La macchia più buia di questa orribile tradizione l’abbiamo avuta a partire del 1444 quando in Portogallo è stata realizzata la prima asta di schiavi africani. Da lì in poi, secondo lo storico e scrittore brasiliano Laurentino Gomes nel libro Escravidão, in 350 anni 12,5 milioni di africani sono stati venduti come merce e hanno attraversato l’Atlantico per lavorare nelle piantagioni di canna da zucchero e caffè del Brasile così come nelle piantagioni di cotone del sud degli Stati Uniti.

Come risultato oggi il Brasile ha la seconda più grande popolazione nera del pianeta dopo la Nigeria. È stato anche, fra i paesi del Nuovo Mondo, quello che per più tempo ha resistito ad estinguere il traffico di persone e l’ultimo ad abolire la schiavitù, attraverso la Legge Aurea del 1888, ossia soltanto 12 anni prima dell’inizio del XX secolo.

Nel 1808, con l’invasione di Napoleone in Portogallo, la corte portoghese scappò in Brasile e questo fu l’inizio dello sviluppo del Paese che da colonia diventava capitale dell’Impero. Nel 1820 la famiglia reale e tutta la corte torna in Portogallo, lasciando in Brasile il Principe Regente Don Pedro I, che nel 1822 dichiarerà l’Indipendenza del paese, staccandosi dalla corte europea.

Con la rinuncia di Pedro I e il suo ritorno in Portogallo, il figlio Pedro II di appena 5 anni viene incoronato Imperatore e il Paese è governato dai reggenti fino a quando il principe non raggiunge l’età di 15 anni per poter governare in autonomia. Don Pedro II cresce in un ambiente di estrema cultura, con maestri francesi che gli trasmettono gli ideali illuministici e progressisti di libertà uguaglianza e fraternità. Lui considerava la schiavitù la più grande vergogna nazionale e non ha mai posseduto schiavi.

Nel 1850, deve ricorrere alla minaccia di abdicazione del trono, per riuscire ad approvare l’illegalità del traffico negriero, mentre nel 1871 riesce a far passare la legge del “Ventre Livre” (ventre libero), ossia tutti i bambini figli di schiavi nati dopo quella data erano liberi.

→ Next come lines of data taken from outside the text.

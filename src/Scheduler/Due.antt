-- ===== src/Scheduler/Due.antt =====
-- Who is due (osubot-core/src/storage.rs, get_due_users).
use osubot_rs.Prelude.{
  ◌≡◌, refl, true, false, List, [], ◌∷◌, ◌++◌, Option, none, some, ltb, ◌==◌, ℤ, eq_i64,
  eq_i64_same, arith, Bool-cases, inl, inr, is_some, if_both, ◌⊎◌,
}
use osubot_rs.GameMode.{GameMode, osu, taiko, catch, mania, to_i32}
use osubot_rs.Database.Table.{count_where, select_where, first_row}
use osubot_rs.Database.Table.First.{first-none}
use osubot_rs.Database.Listeners.Keys.{eq_i64_refl}
use osubot_rs.Database.Bindings.{Binding, NextUpdate, has_user_id}
use osubot_rs.Database.Schedule.{
  next_of, next_time, get_next_update, if_unscheduled, unscheduled, get_due_users,
}
use osubot_rs.Scheduler.Times.{occurs, is_scheduled}

pub no_row :
    (u : ℤ) (m : GameMode) (updates : List NextUpdate)
    → is_scheduled u m updates ≡ false
    → count_where (next_of u m) updates ≡ 0
unfolding get_next_update
no_row u m updates h =
    first-none (next_of u m) updates (none_found (first_row (select_where (next_of u m) updates)) h)
  where
    none_found : (o : Option NextUpdate) → is_some (next_time o) ≡ false → o ≡ none
    none_found none h = refl
    none_found (some n) h = absurd (ground arith)

module _ (u : ℤ) (m : GameMode) (updates : List NextUpdate) where
  pub hit :
      (rest : List (ℤ × GameMode))
      → count_where (next_of u m) updates ≡ 0
      → occurs u m (if_unscheduled u m updates rest) ≡ true
  hit rest z = rw (z, eq_i64_refl u, eq_i64_refl (to_i32 m)) refl

  pub skip :
      (u' : ℤ) (m' : GameMode) (rest : List (ℤ × GameMode))
      → occurs u m rest ≡ true
      → occurs u m (if_unscheduled u' m' updates rest) ≡ true
  skip u' m' rest h =
      if_both (λ l. occurs u m l ≡ true) (count_where (next_of u' m') updates == 0) (ground arith) h

-- The modes of a user that have no time, in front of `rest`.
abbrev pub modes_of : ℤ → List NextUpdate → List (ℤ × GameMode) → List (ℤ × GameMode)
modes_of u updates rest = if_unscheduled u osu updates (
    if_unscheduled u taiko updates
      (if_unscheduled u catch updates (if_unscheduled u mania updates rest)))

pub mode_due :
    (u : ℤ) (m : GameMode) (updates : List NextUpdate) (rest : List (ℤ × GameMode))
    → count_where (next_of u m) updates ≡ 0
    → occurs u m (modes_of u updates rest) ≡ true
mode_due u osu updates rest z = hit u osu updates _ z
mode_due u taiko updates rest z = skip u taiko updates u osu _ (hit u taiko updates _ z)
mode_due u catch updates rest z =
    skip u catch updates u osu _ (skip u catch updates u taiko _ (hit u catch updates _ z))
mode_due u mania updates rest z =
    skip u mania updates u osu _
      (skip u mania updates u taiko _ (skip u mania updates u catch _ (hit u mania updates _ z)))

pub other_due :
    (u u' : ℤ) (m : GameMode) (updates : List NextUpdate) (rest : List (ℤ × GameMode))
    → occurs u m rest ≡ true
    → occurs u m (modes_of u' updates rest) ≡ true
other_due u u' m updates rest h =
    skip u m updates u' osu _
      (skip u m updates u' taiko _ (skip u m updates u' catch _ (skip u m updates u' mania rest h)))

-- A pair of a user who is bound, with no time, is due.
pub unscheduled_due :
    (u : ℤ) (m : GameMode) (bs : List Binding) (updates : List NextUpdate)
    → ltb 0 (count_where (has_user_id u) bs) ≡ true
    → count_where (next_of u m) updates ≡ 0
    → occurs u m (unscheduled bs updates) ≡ true
unfolding unscheduled count_where
unscheduled_due u m [] updates h z = ground arith
unscheduled_due u m (b ∷ bs) updates h z = elim (Bool-cases (eq_i64 b.user_id u)) [
  | inl q ↦ rw (eq_i64_same b.user_id u q) (mode_due u m updates (unscheduled bs updates) z)
  | inr q ↦
      other_due u b.user_id m updates (unscheduled bs updates)
        (unscheduled_due u m bs updates (ground arith) z)
]

pub occurs-append :
    (u : ℤ) (m : GameMode) (xs ys : List (ℤ × GameMode))
    → occurs u m ys ≡ true
    → occurs u m (xs ++ ys) ≡ true
occurs-append u m [] ys h = h
occurs-append u m (x ∷ xs) ys h = ground (arith, occurs-append u m xs ys h)

pub due_or_scheduled :
    (u : ℤ) (m : GameMode) (now : ℤ) (bs : List Binding) (updates : List NextUpdate)
    → ltb 0 (count_where (has_user_id u) bs) ≡ true
    → (is_scheduled u m updates ≡ true) ⊎ (occurs u m (get_due_users now bs updates) ≡ true)
unfolding get_due_users
due_or_scheduled u m now bs updates h = elim (Bool-cases (is_scheduled u m updates)) [
  | inl q ↦ inl q
  | inr q ↦ inr (
      occurs-append u m _ (unscheduled bs updates)
        (unscheduled_due u m bs updates h (no_row u m updates q)))
]
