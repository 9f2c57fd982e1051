-- ===== src/Store/Ledger/Results.antt =====
-- What one call of a method promises its caller, on sound tables.
use Prim.Native.String.{◌++◌ as concat}
use virtual_haibin.Prelude.{
  none, ℕ, ◌+◌, ◌-◌, ◌≤◌, String, true, Option, some, List, ◌≡◌, refl, ap, ◌≢◌, ◌∙◌, arith, inl,
  inr, ◌⊎◌, Bool-cases, Option-cases,
}
use virtual_haibin.Decimal.{big_int}
use virtual_haibin.Decimal.RoundTrip.{big_int-to_string}
use virtual_haibin.Payments.{ConfirmedSettlement, PaymentAttempt}
use virtual_haibin.Evidence.{SignedServiceAuthorizationV1}
use virtual_haibin.Store.{
  Db, InvocationRecord, GrantRecord, ConfirmPayment, settled, not_settled, reserved, failed,
  reconciliation_required, ReserveInput, BudgetDecision, existing, invalid_state_transition,
  missing_invocation, same_state,
}
use virtual_haibin.Store.Monad.{ok, thrown, transaction}
use virtual_haibin.Store.Table.{find_invocation, update_invocation, find_grant, update_grant}
use virtual_haibin.Store.Table.Rows.{
  find_invocation-update_self, find_grant-update_self, find_grant-key,
}
use virtual_haibin.Store.Statements.{set_amounts, set_state, require_state, require_invocation}
use virtual_haibin.Store.Operations.{
  confirm, confirm_body, set_confirmed, fail, fail_body, record_payment_attempt,
  record_payment_attempt_body, resolve_reconciliation, set_resolved, set_attempt, is_decided,
  reserve, reserve_body,
}
use virtual_haibin.Store.Ledger.{IsSound}
use virtual_haibin.Store.Ledger.Settling.{backed, released, consumed}
use virtual_haibin.Store.Ledger.Outcomes.{
  fail-eval, confirm-eval, resolve_settled-eval, resolve_not_settled-eval,
}
use virtual_haibin.Store.Ledger.Records.{attempt-eval}
use virtual_haibin.Store.Ledger.History.{Call, perform_all, AreCoherent}
use virtual_haibin.Store.Ledger.Finality.{SameDecision, decision_is_final}

-- The row of `id` became `row'`, and its grant's reserved total fell by the row's amount while its
-- consumed total rose by `paid`.
pub record Pays (db db' : Db) (id : String) (row row' : InvocationRecord) (paid : ℕ) : Type 0 where
  pub before : GrantRecord
  pub after : GrantRecord
  pub grant_before : find_grant row.issuer row.grant_id db.grants ≡ some before
  pub grant_after : find_grant row.issuer row.grant_id db'.grants ≡ some after
  pub reserved_falls :
      big_int after.reserved_atomic + big_int row.amount_atomic ≡ big_int before.reserved_atomic
  pub consumed_rises : big_int after.consumed_atomic ≡ big_int before.consumed_atomic + paid
  pub row_after : find_invocation id db'.invocations ≡ some row'
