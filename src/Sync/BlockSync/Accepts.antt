-- ===== src/Sync/BlockSync/Accepts.antt =====
-- runtime/pullrun-sync/src/block_sync.rs: what `sync_blobs` stores.
use pullrun.Base.{◌≡◌, inl, inr, Option, none, some, List, [], ◌∷◌, leb, Bool-cases, length, All}
use pullrun.Base.Words.{Bytes}
use pullrun.Base.Text.{eq_bytes, eq_bytes_sound}
use pullrun.Store.Digest.{Digest, from_hex}
use pullrun.Sync.BlockSync.{SyncBlob, Put, sync_blobs, accept_parsed}

module _ (hex_decode : Bytes → Option Bytes) (sha256 : Bytes → Bytes) where
  abbrev Sound : List Put → Type 0
  Sound puts = All (λ (p : Put). sha256 p.1 ≡ p.0) puts

  accept-Sound :
      (d : Option Digest) (body : Bytes) (rest : List Put)
      → Sound rest
      → Sound (accept_parsed hex_decode sha256 d body rest)
  accept-Sound none body rest h = h
  accept-Sound (some d) body rest h = elim (Bool-cases (eq_bytes (sha256 body) d)) [
    | inl y ↦ rw y (eq_bytes_sound (sha256 body) d y, h)
    | inr n ↦ rw n h
  ]

  -- Whatever a peer sends, each blob that is stored has the digest that it is stored under.
  pub sync_blobs-verified :
      (msgs : List SyncBlob)
      → All (λ (p : Put). sha256 p.1 ≡ p.0) (sync_blobs hex_decode sha256 msgs)
  unfolding sync_blobs
  sync_blobs-verified [] = tt
  sync_blobs-verified (msg ∷ msgs) = elim (Bool-cases (leb 1 (length msg.body))) [
    | inl y ↦
        rw y (accept-Sound (from_hex hex_decode msg.digest) msg.body _ (sync_blobs-verified msgs))
    | inr n ↦ rw n (sync_blobs-verified msgs)
  ]
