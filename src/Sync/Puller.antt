-- ===== src/Sync/Puller.antt =====
-- runtime/pullrun-sync/src/sync_puller.rs: a blob from the local store, from a peer, or from the
-- registry. A peer is the stream that it answers with, `none` where the connection or the call fails or
-- times out. The code waits for the messages of a stream without a limit: a stream may stall, or send
-- messages for ever, and then the pull does not come to an end.
pub mod Checked
use pullrun.Base.{ℕ, Bool, true, false, Option, none, some, List, [], ◌∷◌, ◌++◌, if◌then◌else◌}
use pullrun.Base.Words.{Bytes}
use pullrun.Base.Text.{eq_bytes}
use pullrun.Store.Digest.{Digest, from_hex}
use pullrun.Sync.BlockSync.{BlobChunk}

-- What is read from a peer: its messages up to the end of the stream, an error, or the point from
-- which on it gives no end: it is silent, or only sends chunks that are not final.
pub data Stream : Type 0 where
  ended broken stalled : Stream
  message : BlobChunk → Stream → Stream

abbrev pub messages : List BlobChunk → Stream → Stream
messages [] rest = rest
messages (chunk ∷ chunks) rest = message chunk (messages chunks rest)

-- What a wait for a peer or for a pull gives: a value, or nothing ever.
pub data Waited {ℓ} (A : Type ℓ) : Type ℓ where
  gives : A → Waited A
  hangs : Waited A

unfoldable pub collect : Stream → Bytes → Waited (Option Bytes)
collect ended collected = gives (some collected)
collect broken collected = gives none
collect stalled collected = hangs
collect (message chunk rest) collected =
    let more = collect rest (collected ++ chunk.body) in
    if chunk.is_final then gives (some (collected ++ chunk.body)) else more

abbrev pub nonempty : Option Bytes → Option Bytes
nonempty (some (b ∷ bs)) = some (b ∷ bs)
nonempty _ = none

abbrev pub nonempty_of : Waited (Option Bytes) → Waited (Option Bytes)
nonempty_of (gives o) = gives (nonempty o)
nonempty_of hangs = hangs

unfoldable pub try_fetch_from_peer : Option Stream → Waited (Option Bytes)
try_fetch_from_peer none = gives none
try_fetch_from_peer (some stream) = nonempty_of (collect stream [])

-- Where the bytes came from. A blob of a peer or of the registry is stored under the digest.
pub data Fetched : Type 0 where
  stored peer registry : Bytes → Fetched
  registry_failed invalid_digest : Fetched

-- The local store: `exists` asks for a node, `get_blob` for a blob file.
pub record Local : Type 0 where
  pub exists : Digest → Bool
  pub get_blob : Digest → Option Bytes

unfoldable pub read_local : Local → Digest → Option Bytes
read_local store d = if store.exists d then store.get_blob d else none

module _ (sha256 : Bytes → Bytes) where
  abbrev pub keep : Digest → Waited (Option Bytes) → Waited (Option Bytes) → Waited (Option Bytes)
  keep d hangs later = hangs
  keep d (gives none) later = later
  keep d (gives (some body)) later = if eq_bytes (sha256 body) d then gives (some body) else later

  -- The loop over the candidates.
  unfoldable pub try_peers : Digest → List (Option Stream) → Waited (Option Bytes)
  try_peers d [] = gives none
  try_peers d (p ∷ ps) = keep d (try_fetch_from_peer p) (try_peers d ps)

  abbrev pub from_registry : Option Bytes → Fetched
  from_registry none = registry_failed
  from_registry (some body) = registry body

  abbrev pub from_peers : Waited (Option Bytes) → Option Bytes → Waited Fetched
  from_peers hangs answer = hangs
  from_peers (gives (some body)) answer = gives (peer body)
  from_peers (gives none) answer = gives (from_registry answer)

  abbrev pub from_store :
      Digest → Option Bytes → List (Option Stream) → Option Bytes → Waited Fetched
  from_store d (some body) peers answer = gives (stored body)
  from_store d none peers answer = from_peers (try_peers d peers) answer

  abbrev pub with_digest :
      Option Digest → Local → List (Option Stream) → Option Bytes → Waited Fetched
  with_digest none store peers answer = gives invalid_digest
  with_digest (some d) store peers answer = from_store d (read_local store d) peers answer

  unfoldable pub fetch_blob_with_sync :
      (Bytes → Option Bytes) → Bytes → Local → List (Option Stream) → Option Bytes → Waited Fetched
  fetch_blob_with_sync hex_decode digest store peers answer =
      with_digest (from_hex hex_decode digest) store peers answer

All’inizio del 1888 l’Imperatore con la moglie partono per un viaggio in Europa, lasciando come reggente del Brasile la figlia, Principessa Isabella, conosciuta come “A Redentora”. Sarà lei nel giorno 13 di maggio di quell’anno a promulgare la legge della liberazione di tutti gli schiavi.

E qui arriviamo al punto cruciale del nostro racconto… 

Don Pedro nel suo viaggio per l’Europa arriva in città e prende ospitalità nell’Hotel Et de Milan, dove il proprietario, signor Giuseppe Spatz, accoglie, “con tutto il personale schierato, le Loro Altezze Imperiali Dom Pedro II di Braganza e l’Imperatrice Teresa Cristina di Borbone delle Due Sicilie.” 

Per l’occasione, Spatz aveva provveduto a fare ridecorare gli appartamenti reali e a ingentilire, sia l’ingresso che le scale dell’albergo, in un lussureggiante giardino tropicale. Durante una gita in barca nel Lago di Como l’Imperatore si ammala gravemente di pleurite, restando fra la vita e la morte, avendo ricevuto perfino l’estrema unzione dalle mani dell’arcivescovo della città.

Il 22 maggio 1888, costretto a letto e ancora in fase di guarigione, riceve la notizia che la schiavitù era stata abolita in Brasile. Con una voce debole e le lacrime agli occhi, mormora: "Grazie a Dio! Grande Popolo! Grande Popolo!” e ha iniziato a piangere copiosamente. Questo fatto viene ricordato ancora oggi!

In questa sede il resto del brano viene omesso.